H.P.Lovecraft a inventé toute une mythologie et tous ces textes semblent se nourrir les uns des autres. Le "Nécromicon" est nommé à plusieurs reprises, un texte de Poe aussi, ce qui donne l'impression que ces mondes fantastiques appartiennent au même univers et ont une mémoire commune. Il est fascinant de voir comment cet auteur tisse des liens entre ces divers textes afin d'engendrer sa propre cosmogonie. Lors d'une émission sur France culture, étaient évoqués certains lecteurs passionnés de Lovecraft qui s'intéressent au Nécronomicon, comme si cette oeuvre était devenue une réalité. Des auteurs proches de H.P.Lovecraft ont entretenu ce mystère aussi en faisant référence eux aussi à ce livre.
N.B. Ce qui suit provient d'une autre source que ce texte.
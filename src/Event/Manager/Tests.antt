-- ===== src/Event/Manager/Tests.antt =====
-- Runs of the event manager, and the theorems at inputs that meet their hypotheses.
use qaiosplus.Base.{
  ℕ, ◌+◌, ◌<◌, ◌≡◌, refl, true, false, List, [], ◌∷◌, arith, ◌==◌, if◌then◌else◌, u64, first_from,
}
use qaiosplus.Event.{Event}
use qaiosplus.Event.Queue.Ring.{IsValid}
use qaiosplus.Event.Immediate.Ring.{IsSound}
use qaiosplus.Event.Manager.{
  Manager, Listener, default_listener, max_listeners, add_listener, remove_listener, dispatch_event,
}
use qaiosplus.Event.Manager.Slots.{IsTable, count_used}
use qaiosplus.Event.Manager.Removal.{remove_listener-add_listener}
use qaiosplus.Event.Manager.Dispatch.{Reactions, quiet, offer, dispatch_event-quiet}
use qaiosplus.Event.Manager.Process.{Processes, process_events-Processes}

abbrev event : ℕ → ℕ → Event
event kind priority = record { kind = kind; category = 1; priority = priority; body = kind }

abbrev blank : Event
blank = event 0 0

abbrev listener : Listener
listener = record {
  id = 1;
  event_type = 0;
  category_mask = 255;
  min_priority = 0;
  handler = 3;
  user_data = 9;
  enabled = true;
}

-- One listener of every event, one receiver, one immediate event, and two in the main queue.
abbrev manager : Manager
manager = record {
  main = record {
    events = λ i. if i == 0 then event 100 2 else event 110 1;
    head = 0;
    tail = 2;
    count = 2;
    initialized = true;
  };
  urgent = record { events = λ i. event 230 4; head = 15; tail = 0; count = 1; initialized = true };
  listeners = λ i. if i == 0 then listener else default_listener;
  listener_count = 1;
  next_listener_id = 2;
  receivers = λ i. if i == 4 then 7 else 0;
  receiver_count = 1;
  total_dispatched = 0;
  total_dropped = 0;
  initialized = true;
  dispatching = false;
}

-- Each call is noted; the handler consumes the events of type 110.
abbrev noting : Reactions (List ℕ)
noting = record {
  handle = λ h d e w. ((h + e.kind) ∷ w, e.kind == 110);
  receive = λ p e w. ((p + e.kind) ∷ w, false);
  is_enabled = λ p. true;
  event_mask = λ p. 255;
}

main-IsValid : IsValid manager.main
main-IsValid = record {
  started = refl;
  head_in = omega arith;
  count_in = omega arith;
  tail_at = refl;
}

urgent-IsSound : IsSound manager.urgent
urgent-IsSound = record {
  started = refl;
  head_in = omega arith;
  count_in = omega arith;
  tail_at = refl;
}

manager-IsTable : IsTable manager
unfolding count_used
manager-IsTable = record {
  small = omega arith;
  positive = omega arith;
  fresh = λ i b. ground arith;
  distinct = λ i j b c u same. ground arith;
  count = refl;
}

dispatch_event-quiet_example : dispatch_event (quiet noting) (event 100 2) (manager, []) ≡ (
  record manager { total_dispatched = u64 (0 + 1) },
  offer noting manager.listeners manager.receivers (event 100 2) [],
)
dispatch_event-quiet_example = dispatch_event-quiet noting (event 100 2) manager []

process_events-Processes_example : Processes noting 3 2 manager []
process_events-Processes_example =
    process_events-Processes noting 3 2 manager [] refl refl urgent-IsSound main-IsValid
      (omega arith) (omega arith) (omega arith) (omega arith)

add_listener_run : (add_listener manager listener).1 ≡ 2
unfolding add_listener first_from
add_listener_run = refl

abbrev again : Manager
again = remove_listener (add_listener manager listener).0 (add_listener manager listener).1

remove_listener-add_listener_example :
    ((i : ℕ)
      → i < max_listeners
      → (again.listeners i
          ≡ (if (manager.listeners i).id == 0 then again.listeners i else manager.listeners i))
        × ((again.listeners i).id ≡ (manager.listeners i).id))
    × (again.listener_count ≡ 1)
remove_listener-add_listener_example =
    remove_listener-add_listener manager listener manager-IsTable
      (rw add_listener_run (omega arith))

abbrev bare : Manager
bare = record manager { listeners = λ i. default_listener; listener_count = 0 }
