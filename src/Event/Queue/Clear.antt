-- ===== src/Event/Queue/Clear.antt =====
-- `clearType` and `clearCategory`: the list is filtered. After a call that removes nothing from a full
-- queue the write index lies outside the array.
use qaiosplus.Base.{
  ℕ, zero, suc, ◌+◌, ◌%◌, ◌≤◌, ◌<◌, ◌≡◌, ◌≢◌, refl, ap, ap₂, ◌∙◌, Bool, true, not, List, [], ◌∷◌,
  arith, ◌==◌, update, length, tabulate, tabulate_ext, filter_by, length-filter_by, Bool-cases, inl,
  inr, ==→eq, ==-false→ne, ne→==-false,
}
use qaiosplus.Event.{Event, has_category}
use qaiosplus.Event.Queue.{
  EventQueue, max_events, gather, copy_back, retain, clear_type, clear_category,
}
use qaiosplus.Event.Queue.Ring.{at_distance, contents, IsValid, length-contents}

gather-filter :
    (n c h : ℕ) (events : ℕ → Event) (stays : Event → Bool)
    → gather n ((h + c) % max_events) events stays
      ≡ filter_by stays (tabulate (λ i. at_distance events h (c + i)) n)
unfolding gather
gather-filter zero c h events stays = refl
gather-filter (suc n) c h events stays =
    let next : ((h + c) % 256 + 1) % 256 ≡ (h + (c + 1)) % 256 = omega arith in
    let first : (h + (c + 0)) % 256 ≡ (h + c) % 256 = omega arith in
    let rest =
      tabulate_ext (λ i. at_distance events h (c + 1 + i)) (λ i. at_distance events h (c + suc i)) n
        (λ i l.
          let same : (h + (c + 1 + i)) % 256 ≡ (h + (c + suc i)) % 256 = omega arith in
          ap events same) in
    rw (next, gather-filter n (c + 1) h events stays, rest, first) (ground arith)

-- What is copied back is read again.
copy_back_below :
    (es : List Event) (i j : ℕ) (events : ℕ → Event) → j < i → copy_back i es events j ≡ events j
unfolding copy_back
copy_back_below [] i j events h = refl
copy_back_below (e ∷ es) i j events h =
    ground (arith, copy_back_below es (i + 1) j (update events i e))

copy_back-tabulate :
    (es : List Event) (i : ℕ) (events : ℕ → Event)
    → tabulate (λ j. copy_back i es events (i + j)) (length es) ≡ es
unfolding copy_back
copy_back-tabulate [] i events = refl
copy_back-tabulate (e ∷ es) i events =
    let here : i + 0 ≡ i = omega arith in
    ap₂ ◌∷◌
      (rw here (copy_back_below es (i + 1) i (update events i e) (omega arith) ∙ ground arith))
      (tabulate_ext (λ j. copy_back (i + 1) es (update events i e) (i + suc j))
          (λ j. copy_back (i + 1) es (update events i e) (i + 1 + j)) (length es)
          (λ j h.
            let same : i + suc j ≡ i + 1 + j = omega arith in
            ap (copy_back (i + 1) es (update events i e)) same)
        ∙ copy_back-tabulate es (i + 1) (update events i e))

gather-contents :
    (q : EventQueue) (stays : Event → Bool)
    → q.head < max_events
    → gather q.count q.head q.events stays ≡ filter_by stays (contents q)
gather-contents q stays h =
    let start : (q.head + 0) % 256 ≡ q.head = omega arith in
    rw start at (gather-filter q.count 0 q.head q.events stays)
    ∙ ap (filter_by stays) (
        tabulate_ext (λ i. at_distance q.events q.head (0 + i)) (at_distance q.events q.head)
          q.count
          (λ i l. let same : 0 + i ≡ i = omega arith in ap (at_distance q.events q.head) same))

retain-contents :
    (q : EventQueue) (stays : Event → Bool)
    → IsValid q
    → contents (retain stays q) ≡ filter_by stays (contents q)
unfolding retain
retain-contents q stays v = elim (Bool-cases (q.count == 0)) [
  | inl z ↦
      let empty : contents q ≡ [] =
        ap (tabulate (at_distance q.events q.head)) (==→eq q.count 0 z) in
      rw (v.started, z, empty)
  | inr nz ↦
      rw (v.started, nz, retain, gather-contents q stays v.head_in)
        (copied (filter_by stays (contents q)) short)
]
  where
    short : length (filter_by stays (contents q)) ≤ 256
    short = omega (arith, length-filter_by stays (contents q), length-contents q, v.count_in)

    copied :
        (es : List Event)
        → length es ≤ 256
        → tabulate (at_distance (copy_back 0 es q.events) 0) (length es) ≡ es
    copied es h =
        tabulate_ext (at_distance (copy_back 0 es q.events) 0)
          (λ j. copy_back 0 es q.events (0 + j)) (length es)
          (λ i l.
            let same : (0 + i) % 256 ≡ 0 + i = omega arith in ap (copy_back 0 es q.events) same)
        ∙ copy_back-tabulate es 0 q.events

retain_empty : (q : EventQueue) (stays : Event → Bool) → q.count ≡ 0 → retain stays q ≡ q
unfolding retain
retain_empty q stays e = ground arith

retain_some :
    (q : EventQueue) (stays : Event → Bool)
    → IsValid q
    → q.count ≢ 0
    → let kept = filter_by stays (contents q) in
      retain stays q ≡ record q {
        head = 0;
        tail = length kept;
        count = length kept;
        events = copy_back 0 kept q.events;
      }
unfolding retain
retain_some q stays v ne =
    rw (v.started, retain, ne→==-false q.count 0 ne, gather-contents q stays v.head_in)

retain-IsValid :
    (q : EventQueue) (stays : Event → Bool)
    → IsValid q
    → length (filter_by stays (contents q)) < max_events
    → IsValid (retain stays q)
retain-IsValid q stays v h = elim (Bool-cases (q.count == 0)) [
  | inl z ↦ rw (retain_empty q stays (==→eq q.count 0 z)) v
  | inr nz ↦ rw (retain_some q stays v (==-false→ne q.count 0 nz)) (record {
    started = v.started;
    head_in = omega arith;
    count_in = omega arith;
    tail_at = omega arith;
  })
]

-- `clearType` removes the events of the type and `clearCategory` those that share a bit with the
-- category, and both keep the others in order.
pub clear_contents :
    (q : EventQueue) (kind category : ℕ)
    → IsValid q
    → (contents (clear_type kind q) ≡ filter_by (λ e. not (e.kind == kind)) (contents q))
      × (contents (clear_category category q)
          ≡ filter_by (λ e. not (has_category e.category category)) (contents q))
unfolding clear_type clear_category
clear_contents q kind category v = (
  retain-contents q (λ e. not (e.kind == kind)) v,
  retain-contents q (λ e. not (has_category e.category category)) v,
)

-- `clearType` keeps the queue valid if fewer than 256 events remain.
pub clear_type-IsValid :
    (q : EventQueue) (kind : ℕ)
    → IsValid q
    → length (filter_by (λ e. not (e.kind == kind)) (contents q)) < max_events
    → IsValid (clear_type kind q)
unfolding clear_type
clear_type-IsValid q kind v h = retain-IsValid q (λ e. not (e.kind == kind)) v h

filter_by_all :
    (stays : Event → Bool) (g : ℕ → Event) (n : ℕ)
    → ((i : ℕ) → i < n → stays (g i) ≡ true)
    → filter_by stays (tabulate g n) ≡ tabulate g n
filter_by_all stays g zero h = refl
filter_by_all stays g (suc n) h =
    rw (h 0 (omega arith))
      (ap (λ r. g 0 ∷ r) (filter_by_all stays (λ i. g (suc i)) n (λ i l. h (suc i) (omega arith))))

-- On a full queue that holds no event of the type, `clearType` sets the write index to 256, one past
-- the array, where the next event but one would be written.
pub clear_type_overruns :
    (q : EventQueue) (kind : ℕ)
    → IsValid q
    → q.count ≡ max_events
    → ((i : ℕ) → i < max_events → (at_distance q.events q.head i).kind ≢ kind)
    → (clear_type kind q).tail ≡ max_events
unfolding clear_type
clear_type_overruns q kind v full other =
    rw (retain_some q (λ e. not (e.kind == kind)) v (omega arith), kept, length-contents q) full
  where
    kept : filter_by (λ e. not (e.kind == kind)) (contents q) ≡ contents q
    kept =
        filter_by_all (λ e. not (e.kind == kind)) (at_distance q.events q.head) q.count
          (λ i h.
            rw (ne→==-false (at_distance q.events q.head i).kind kind (other i (omega arith))))
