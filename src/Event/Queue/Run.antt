-- ===== src/Event/Queue/Run.antt =====
-- Any sequence of calls, from `initialize` on.
use qaiosplus.Base.{◌≡◌, refl, ap, true, List, [], ◌∷◌, arith, ltb, length, Bool-cases, inl, inr}
use qaiosplus.Event.{Event}
use qaiosplus.Event.Queue.{EventQueue, initialize, push, pop, clear}
use qaiosplus.Event.Queue.Ring.{contents, IsValid, take_first, pop_refines}
use qaiosplus.Event.Queue.Order.{sorted, enqueue-sorted}
use qaiosplus.Event.Queue.Push.{push-contents, push-IsValid}

pub data Call : Type 0 where
  pushes : Event → Call
  pops clears : Call

pub call : EventQueue → Call → EventQueue
call q (pushes e) = (push q e).0
call q pops = (pop q).0
call q clears = clear q

pub run : EventQueue → List Call → EventQueue
unfolding call
run q [] = q
run q (c ∷ cs) = run (call q c) cs

record InOrder (q : EventQueue) : Type 0 where
  valid : IsValid q
  order : sorted (contents q) ≡ true

initialize-InOrder : (q : EventQueue) → InOrder (initialize q)
unfolding initialize sorted
initialize-InOrder q = record {
  valid = record {
    started = refl;
    head_in = omega arith;
    count_in = omega arith;
    tail_at = omega arith;
  };
  order = refl;
}

sorted-take_first : (xs : List Event) → sorted xs ≡ true → sorted (take_first xs).0 ≡ true
unfolding sorted
sorted-take_first [] h = refl
sorted-take_first (x ∷ xs) h = ground arith

push-InOrder : (q : EventQueue) (e : Event) → InOrder q → InOrder (push q e).0
push-InOrder q e o = record {
  valid = push-IsValid q e o.valid;
  order = rw (push-contents q e o.valid).0 (elim (Bool-cases (ltb (length (contents q)) 256)) [
    | inl room ↦ rw room (enqueue-sorted e (contents q) o.order)
    | inr full ↦ rw full o.order
  ]);
}

pop-InOrder : (q : EventQueue) → InOrder q → InOrder (pop q).0
pop-InOrder q o = record {
  valid = (pop_refines q o.valid).2;
  order =
      let list : contents (pop q).0 ≡ (take_first (contents q)).0 =
        ap (λ r. r.0) (pop_refines q o.valid).0 in
      rw list (sorted-take_first (contents q) o.order);
}

clear-InOrder : (q : EventQueue) → InOrder q → InOrder (clear q)
unfolding clear sorted
clear-InOrder q o = record {
  valid = record {
    started = o.valid.started;
    head_in = omega arith;
    count_in = omega arith;
    tail_at = omega arith;
  };
  order = refl;
}

run-InOrder : (q : EventQueue) (cs : List Call) → InOrder q → InOrder (run q cs)
unfolding run
run-InOrder q [] o = o
run-InOrder q (pushes e ∷ cs) o = run-InOrder (push q e).0 cs (push-InOrder q e o)
run-InOrder q (pops ∷ cs) o = run-InOrder (pop q).0 cs (pop-InOrder q o)
run-InOrder q (clears ∷ cs) o = run-InOrder (clear q) cs (clear-InOrder q o)

-- After any sequence of `push`, `pop` and `clear` from `initialize` on the queue is valid, and its
-- events stand in order of priority, the highest first, where `Low` and `Normal` count as one.
pub run-initialize_in_order :
    (q : EventQueue) (cs : List Call)
    → IsValid (run (initialize q) cs) × (sorted (contents (run (initialize q) cs)) ≡ true)
run-initialize_in_order q cs =
    let o = run-InOrder (initialize q) cs (initialize-InOrder q) in (o.valid, o.order)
Cela deviendrait presque effrayant en fait ...

Ces nouvelles permettent d'échapper quelque temps au quotidien. Elles proposent une autre humanité avec un autre passé. Il y a tout de même des longueurs qui n'empêchent pas pour autant le lecteur de s'intéresser à ces univers.

Pucksimberg - Toulon - 44 ans - 21 septembre 2020


L'une des nouvelles les plus réussies de Lovecraft 9 étoiles

Cela faisait longtemps que je n’avais pas lu du Lovecraft. À l’occasion de la sortie en BD de « Les montagnes hallucinées », j’ai eu envie d’en lire l’histoire originelle. Je l’ai donc acheté en librairie.

Je ne regrette pas de l’avoir lu, et… je regrette d’avoir laissé passer 20 ans entre ma dernière lecture lovecraftienne et « Les montagnes hallucinées » ! J’ai redécouvert avec ce dernier livre la fluidité d’écriture propre à Lovecraft, un style qui n’appartient qu’à lui, à la fois claire, complexe et entraînante. Par moments, cela confine à l’art d’une prose bien particulière aux beautés sombres et fulgurantes. Son sens de la construction du récit, tout en petites touches qui vont crescendo jusqu’à la chute n’est pas en reste. Si Lovecraft avait écrit des romans de littérature dite « blanche », nul doute qu’ils seraient devenus des classiques. Il a aussi ses défauts : redondance de termes et de mots qui parsèment ses écrits, récits sans dialogues au rythme monocorde, obsession des mêmes thèmes des monstres antédiluviens, les « Grand Anciens ». C’est d’ailleurs ces obsessions qui l’ont conduit à construire une cosmogonie qui lui est propre, unique et originale, dans laquelle il place tous ses récits.

Les 2 récits suivants que j’ai lu et qui font partie de l’ouvrage « Les montagnes hallucinées » n’en font pas exception :

Le premier donne son titre au livre : « Les montagnes hallucinées », 156 pages. C’est ma préférée. C’est pour moi, même la nouvelle la plus réussie de ce que j’ai lu de l’œuvre de Lovecraft (dont il me reste encore beaucoup à connaître), avec « L’affaire Charles Dexter Ward », autre chef d’œuvre typique. Un groupe d’hommes (pas de femmes !) partent explorer l’Antarctique pour prospecter des fossiles et fragments géologiques. Ils découvrent des montagnes énormes et sinistres, au pied desquelles ils tombent sur d’étranges découvertes qui modifient en profondeur leurs plans d’origine. Et de découverte en découverte, 2 d’entre eux iront jusqu’au bout de la terreur. Une nouvelle réellement intéressante, passionnante à suivre, très linéaire avec des descriptions très visuelles où est retranscrit un environnement sombre, gigantesque et effrayant particulièrement réussi, et une tension inquiétante qui va crescendo tout en prenant le temps de la développer. Top !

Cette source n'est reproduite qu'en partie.